Nclouds_map = hp.read_map(pubdatadir+'Ncloud_maps.fits',field=0,nest=True)
Nc_map = hp.read_map(pubdatadir+'Ncloud_maps.fits',field=1,nest=True)

hp.orthview(Nclouds_map, rot = [0,90,90], nest=True,            unit = '$N_{clouds}$', title = 'Number of clouds in Polar Caps')
plt.show()
hp.orthview(Nc_map, rot = [0,90,90],nest=True,             unit = '$\mathcal{N}_c$', title = 'Column-density-weighted number of clouds')
plt.show()


# ## Map contents can also be read using astropy's fits.open:

# In[29]:


hdulist = fits.open(pubdatadir+'NHI_cloud_maps.fits')
print hdulist
hdulist[1].header


# # Data on individual cloud properties
# ## The hdf5 file 'PolarCaps/clouds_db.hdf5' holds properties of the entire sample  of  clouds  (including  velocities  excluded from the analysis in Section 4 of the paper). The file contains 6 columns (arrays) of size 477711. Each element of the array corresponds to a distinct cloud identified within the sky region.
# 
# ## The columns are:
# ### cloudNH: cloud column density
# ### Ngaussians: the number of Gaussian components that belong to this cloud. Can be used to discard 'spurious' clouds with too few Gaussian components.
# ### Nmaxima: the number of peaks in the cloud spectrum. Can be used to investigate unresolved velocity structure.
# ### centroids: centroid velocity of the cloud spectrum, eq. 2
# ### hpxpix: the HEALPix pixel where the cloud is located. Nested ordering, Nside 128.
# ### std: second moment of the cloud spectrum, eq. 3. Can be used as estimate of breadth (in velocity) of cloud spectrum.

# In[33]:


f = h5py.File(datadir+'clouds_db.hdf5', 'r')
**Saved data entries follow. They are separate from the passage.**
-- ===== src/UdpListener/Abandoned.antt =====
-- A client of the UDP listeners whose datagrams go to a connection that nothing reads, and the datagrams that arrive.
use backhaul_plus.Prelude.{
  ℕ, zero, suc, ◌<◌, ◌≡◌, refl, sym, ap, ◌∙◌, Bool, false, List, [], ◌∷◌, ◌++◌, some, ◌==◌,
  if◌then◌else◌, length, length-append, All, Bool-cases, inl, inr, arith, Option, none, true,
  All-append,
}
use mathlib.Core.Path.{subst}
use backhaul_plus.Maps.{Map, lookup, insert, delete, lookup-insert, lookup-delete}
use backhaul_plus.Registry.{has_room}
use backhaul_plus.Strings.{Bytes, equal}
use backhaul_plus.UdpListener.{
  Kind, plain_udp, over_tcp, Cell, LocalUdpConn, UdpListener, pushed, change_at, is_congested_at,
  rejected, new_conn, by_entry, on_datagram,
}
use backhaul_plus.Strings.Search.{equal_iff}

-- Another client's connection, which is not the one of index `i`.
abbrev pub IsOther : Bytes → ℕ → LocalUdpConn → Type 0
IsOther key i c = (equal c.addr key ≡ false) × ((c.id == i) ≡ false)

-- The client's datagrams go to a connection that is neither queued nor handled, as is no other of the client.
pub record IsAbandoned (key : Bytes) (i : ℕ) (s : UdpListener) : Type 0 where
  pub entry : lookup key s.active_connections ≡ some i
  pub uncongested : is_congested_at i s.cells ≡ false
  pub exists : i < length s.cells
  pub not_queued : All (IsOther key i) s.udp_chan
  pub not_handled : All (IsOther key i) s.handled

pub length-change_at :
    (f : Cell → Cell) (i : ℕ) (cs : List Cell) → length (change_at f i cs) ≡ length cs
length-change_at f i [] = refl
length-change_at f zero (c ∷ cs) = refl
length-change_at f (suc i) (c ∷ cs) = ap suc (length-change_at f i cs)

congested-pushed :
    (packet : Bytes) (i j : ℕ) (cs : List Cell)
    → is_congested_at j (change_at (pushed packet) i cs) ≡ is_congested_at j cs
congested-pushed packet i j [] = refl
congested-pushed packet zero zero (c ∷ cs) =
    elim (Bool-cases (has_room 100000 (length c.payload))) [
      | inl room ↦
          ap
            (λ (b : Bool).
              (if b then record c { payload = c.payload ++ (packet ∷ []) } else c).is_congested)
            room
      | inr full ↦
          ap
            (λ (b : Bool).
              (if b then record c { payload = c.payload ++ (packet ∷ []) } else c).is_congested)
            full
    ]
congested-pushed packet zero (suc j) (c ∷ cs) = refl
congested-pushed packet (suc i) zero (c ∷ cs) = refl
congested-pushed packet (suc i) (suc j) (c ∷ cs) = congested-pushed packet i j cs

pub congested-elsewhere :
    (f : Cell → Cell) (i j : ℕ) (cs : List Cell)
    → (i == j) ≡ false
    → is_congested_at j (change_at f i cs) ≡ is_congested_at j cs
congested-elsewhere f i j [] h = refl
congested-elsewhere f zero zero (c ∷ cs) h = absurd (ground arith)
congested-elsewhere f zero (suc j) (c ∷ cs) h = refl
congested-elsewhere f (suc i) zero (c ∷ cs) h = refl
congested-elsewhere f (suc i) (suc j) (c ∷ cs) h = congested-elsewhere f i j cs (ground arith)

congested-append :
    (j : ℕ) (cs ds : List Cell)
    → j < length cs
    → is_congested_at j (cs ++ ds) ≡ is_congested_at j cs
congested-append j [] ds h = absurd (omega arith)
congested-append zero (c ∷ cs) ds h = refl
congested-append (suc j) (c ∷ cs) ds h = congested-append j cs ds (omega arith)

pub last_congested :
    (cs : List Cell) (c : Cell) → is_congested_at (length cs) (cs ++ (c ∷ [])) ≡ c.is_congested
last_congested [] c = refl
last_congested (d ∷ cs) c = last_congested cs c

-- Whichever branch is taken.
pub if-IsAbandoned :
    (key : Bytes) (i : ℕ) (b : Bool) (s s' : UdpListener)
    → IsAbandoned key i s
    → IsAbandoned key i s'
    → IsAbandoned key i (if b then s else s')
if-IsAbandoned key i true s s' h h' = h
if-IsAbandoned key i false s s' h h' = h'

pub with_cells-IsAbandoned :
    (key : Bytes) (i : ℕ) (s : UdpListener) (cs : List Cell) (m : Map ℕ)
    → IsAbandoned key i s
    → lookup key m ≡ some i
    → is_congested_at i cs ≡ false
    → i < length cs
    → IsAbandoned key i (record s { cells = cs; active_connections = m })
with_cells-IsAbandoned key i s cs m h e u x = record {
  entry = e;
  uncongested = u;
  exists = x;
  not_queued = h.not_queued;
  not_handled = h.not_handled;
}

pushed-IsAbandoned :
    (key : Bytes) (i j : ℕ) (packet : Bytes) (s : UdpListener)
    → IsAbandoned key i s
    → IsAbandoned key i (record s { cells = change_at (pushed packet) j s.cells })
pushed-IsAbandoned key i j packet s h =
    with_cells-IsAbandoned key i s (change_at (pushed packet) j s.cells) s.active_connections h
      h.entry (congested-pushed packet j i s.cells ∙ h.uncongested)
      (subst (λ n. i < n) (sym (length-change_at (pushed packet) j s.cells)) h.exists)

-- A new connection of another client, before it is queued.
stored-IsAbandoned :
    (key other : Bytes) (i : ℕ) (c : Cell) (s : UdpListener)
    → equal other key ≡ false
    → IsAbandoned key i s
    → IsAbandoned key i (record s {
      cells = s.cells ++ (c ∷ []);
      active_connections = insert other (length s.cells) s.active_connections;
    })
stored-IsAbandoned key other i c s ne h =
    with_cells-IsAbandoned key i s (s.cells ++ (c ∷ []))
      (insert other (length s.cells) s.active_connections) h
      (lookup-insert other key (length s.cells) s.active_connections
        ∙ ap (λ (b : Bool). if b then some (length s.cells) else lookup key s.active_connections) ne
        ∙ h.entry)
      (congested-append i s.cells (c ∷ []) h.exists ∙ h.uncongested)
      (let n = length-append s.cells (c ∷ []) in let x = h.exists in omega arith)

queued-IsAbandoned :
    (key : Bytes) (i n : ℕ) (c : LocalUdpConn) (s : UdpListener)
    → IsOther key i c
    → IsAbandoned key i s
    → IsAbandoned key i (record s { udp_chan = s.udp_chan ++ (c ∷ []); req_new_conn_chan = n })
queued-IsAbandoned key i n c s o h = record {
  entry = h.entry;
  uncongested = h.uncongested;
  exists = h.exists;
  not_queued = All-append (IsOther key i) s.udp_chan (c ∷ []) h.not_queued (o, tt);
  not_handled = h.not_handled;
}

pub deleted_key-IsAbandoned :
    (key other : Bytes) (i : ℕ) (s : UdpListener)
    → equal other key ≡ false
    → IsAbandoned key i s
    → IsAbandoned key i (record s { active_connections = delete other s.active_connections })
deleted_key-IsAbandoned key other i s ne h =
    with_cells-IsAbandoned key i s s.cells (delete other s.active_connections) h
      (lookup-delete other key s.active_connections ne ∙ h.entry) h.uncongested h.exists

rejected-IsAbandoned :
    (kind : Kind) (key other : Bytes) (i : ℕ) (s : UdpListener)
    → equal other key ≡ false
    → IsAbandoned key i s
    → IsAbandoned key i (rejected kind other s)
rejected-IsAbandoned plain_udp key other i s ne h = deleted_key-IsAbandoned key other i s ne h
rejected-IsAbandoned over_tcp key other i s ne h = h

new_conn-IsAbandoned :
    (kind : Kind) (now : ℕ) (key other packet : Bytes) (i : ℕ) (s : UdpListener)
    → equal other key ≡ false
    → IsAbandoned key i s
    → IsAbandoned key i (new_conn kind now other packet s)
unfolding new_conn
new_conn-IsAbandoned kind now key other packet i s ne h =
    let id = length s.cells in
    let cell : Cell = record { payload = []; is_congested = false } in
    let stored = stored-IsAbandoned key other i cell s ne h in
    let s1 : UdpListener = record s {
      cells = s.cells ++ (cell ∷ []);
      active_connections = insert other id s.active_connections;
    } in
    let apart : (id == i) ≡ false = (let x = h.exists in ground arith) in
    if-IsAbandoned key i (has_room s.channel_size (length s.udp_chan)) _ (rejected kind other s1)
      (queued-IsAbandoned key i _ (record { id = id; addr = other; time_created = now })
        (record s1 { cells = change_at (pushed packet) id s1.cells }) (ne, apart)
        (pushed-IsAbandoned key i id packet s1 stored))
      (rejected-IsAbandoned kind key other i s1 ne stored)

by_entry-IsAbandoned :
    (kind : Kind) (now : ℕ) (key other packet : Bytes) (i : ℕ) (s : UdpListener) (e : Option ℕ)
    → equal other key ≡ false
    → IsAbandoned key i s
    → IsAbandoned key i (by_entry kind now other packet s e)
unfolding by_entry
by_entry-IsAbandoned kind now key other packet i s none ne h =
    new_conn-IsAbandoned kind now key other packet i s ne h
by_entry-IsAbandoned plain_udp now key other packet i s (some j) ne h =
    pushed-IsAbandoned key i j packet s h
by_entry-IsAbandoned over_tcp now key other packet i s (some j) ne h =
    if-IsAbandoned key i (is_congested_at j s.cells) (new_conn over_tcp now other packet s)
      (record s { cells = change_at (pushed packet) j s.cells })
      (new_conn-IsAbandoned over_tcp now key other packet i s ne h)
      (pushed-IsAbandoned key i j packet s h)

-- The datagrams of the client itself go to its entry.
own_entry-IsAbandoned :
    (kind : Kind) (now : ℕ) (key packet : Bytes) (i : ℕ) (s : UdpListener)
    → IsAbandoned key i s
    → IsAbandoned key i (by_entry kind now key packet s (some i))
unfolding by_entry
own_entry-IsAbandoned plain_udp now key packet i s h = pushed-IsAbandoned key i i packet s h
own_entry-IsAbandoned over_tcp now key packet i s h =
    subst
      (λ (b : Bool). IsAbandoned key i (
        if b
        then new_conn over_tcp now key packet s
        else record s { cells = change_at (pushed packet) i s.cells }))
      (sym h.uncongested) (pushed-IsAbandoned key i i packet s h)

pub on_datagram-IsAbandoned :
    (kind : Kind) (now : ℕ) (key other packet : Bytes) (i : ℕ) (s : UdpListener)
    → IsAbandoned key i s
    → IsAbandoned key i (on_datagram kind now other packet s)
unfolding on_datagram
on_datagram-IsAbandoned kind now key other packet i s h = elim (Bool-cases (equal other key)) [
  | inl same ↦
      subst (λ k. IsAbandoned key i (by_entry kind now k packet s (lookup k s.active_connections)))
        (sym ((equal_iff other key).0 same))
        (subst (λ e. IsAbandoned key i (by_entry kind now key packet s e)) (sym h.entry)
          (own_entry-IsAbandoned kind now key packet i s h))
  | inr ne ↦
      by_entry-IsAbandoned kind now key other packet i s (lookup other s.active_connections) ne h
]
# # Explore the datafile contents

# In[5]:


def printname(name):
    print(name)

print 'Attributes:'
print f['clouds'].attrs.items()

print 'Data structure:'
f.visit(printname)


# In[16]:


f['clouds']['Nmaxima'].shape


# # Make Nclouds map counting clouds at all velocities

# In[6]:


Nside_low = f['clouds'].attrs['Nside']

Ncmap_all = np.zeros(hp.nside2npix(Nside_low))+hp.pixelfunc.UNSEEN

# find unique pixels with cloud info
uniquepix = np.unique(f['clouds']['hpxpix'][:])

# Count number of clouds in each pixel
for ii,ipix in enumerate(uniquepix):
    
    condition = f['clouds']['hpxpix'][:]==ipix
    N = len(f['clouds']['hpxpix'][:][condition])
    Ncmap_all[int(ipix)] = N
    
    # Keep track of progress
    print '{0} out of {1}\r'.format(ii,len(uniquepix)),


# In[7]:


hp.orthview(Ncmap_all, rot = [0,90], nest=True,             unit = 'Number of clouds per pixel', title = 'Number of clouds within [-300,300] km/s')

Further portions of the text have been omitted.